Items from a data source
* * *
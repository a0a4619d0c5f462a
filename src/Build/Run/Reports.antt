-- ===== src/Build/Run/Reports.antt =====
-- What a job leaves, once its callback and the pruning after it are done.
use pretext_plus_build_full.Common.{ℕ, String, Bool, true, ◌≡◌, refl, ap, ◌∙◌}
use pretext_plus_build_full.Config.{Settings}
use pretext_plus_build_full.Docker.{returned, Daemon}
use pretext_plus_build_full.World.{World}
use pretext_plus_build_full.World.Laws.{Ends, Ends-bind, Ends-finally, Ends_returned, keep_end}
use pretext_plus_build_full.Notify.{Network, Codec}
use pretext_plus_build_full.Notify.Callback.{send_callback}
use pretext_plus_build_full.Notify.Callback.Untouched.{field-send_callback}
use pretext_plus_build_full.Build.{Sandbox}
use pretext_plus_build_full.Build.Sandboxed.{run_sandboxed}
use pretext_plus_build_full.Build.Sandboxed.Settled.{is_terminal, status_of, Terminal}
use pretext_plus_build_full.Build.Sandboxed.Outcomes.{run_sandboxed-Ends}
use pretext_plus_build_full.Build.Run.{prune_expired_jobs, prune_assets, afterwards, run_job}

module _ (settings : Settings) (daemon : Daemon World) (net : Network) (codec : Codec)
    (copies : String → Bool) (job_id : String) where
  callback-Terminal :
      (w : World)
      → Terminal job_id w
      → Ends (λ _. Terminal job_id) (send_callback settings net codec job_id w)
  callback-Terminal w h = keep_end (Terminal job_id) (send_callback settings net codec job_id w) (
      ap is_terminal (field-send_callback job_id job_id "status" refl refl settings net codec w)
      ∙ h)

  afterwards-Terminal :
      (w : World)
      → Terminal job_id w
      → Ends (λ _. Terminal job_id) (afterwards settings daemon net codec copies job_id w)
  unfolding afterwards prune_expired_jobs prune_assets
  afterwards-Terminal w h =
      Ends-bind (λ _. Terminal job_id) (λ _. Terminal job_id)
        (send_callback settings net codec job_id) _ w (callback-Terminal w h) (λ _ v h'. h')

  -- Where a job returns, after its callback and the pruning, its status is "success", "failed" or
  -- "cancelled", as long as removing a container leaves the job's status alone.
  pub run_job_terminal :
      ((c : ℕ) (w : World) → status_of job_id ((daemon.remove c w).1) ≡ status_of job_id w)
      → (kind command : String) (sandbox : Sandbox) (list_files : Bool) (w w' : World)
      → run_job settings daemon net codec copies job_id kind command sandbox list_files w
        ≡ (returned tt, w')
      → is_terminal (status_of job_id w') ≡ true
  unfolding run_job
  run_job_terminal quiet kind command sandbox list_files w w' e =
      let job =
        run_sandboxed settings daemon copies codec.dump_names job_id kind sandbox list_files
          command in
      let after = afterwards settings daemon net codec copies job_id in
      Ends_returned (λ _. Terminal job_id)
        (run_job settings daemon net codec copies job_id kind command sandbox list_files w) tt w'
        (Ends-finally (λ _. Terminal job_id) job after w
          (run_sandboxed-Ends settings daemon copies codec.dump_names job_id kind sandbox list_files
            quiet command w)
          (λ _ v h. afterwards-Terminal v h))
        e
* * *
From the entries above, copy every line that holds the word "field".

use pretext_plus_build_full.Notify.Callback.Untouched.{field-send_callback}
      ap is_terminal (field-send_callback job_id job_id "status" refl refl settings net codec w)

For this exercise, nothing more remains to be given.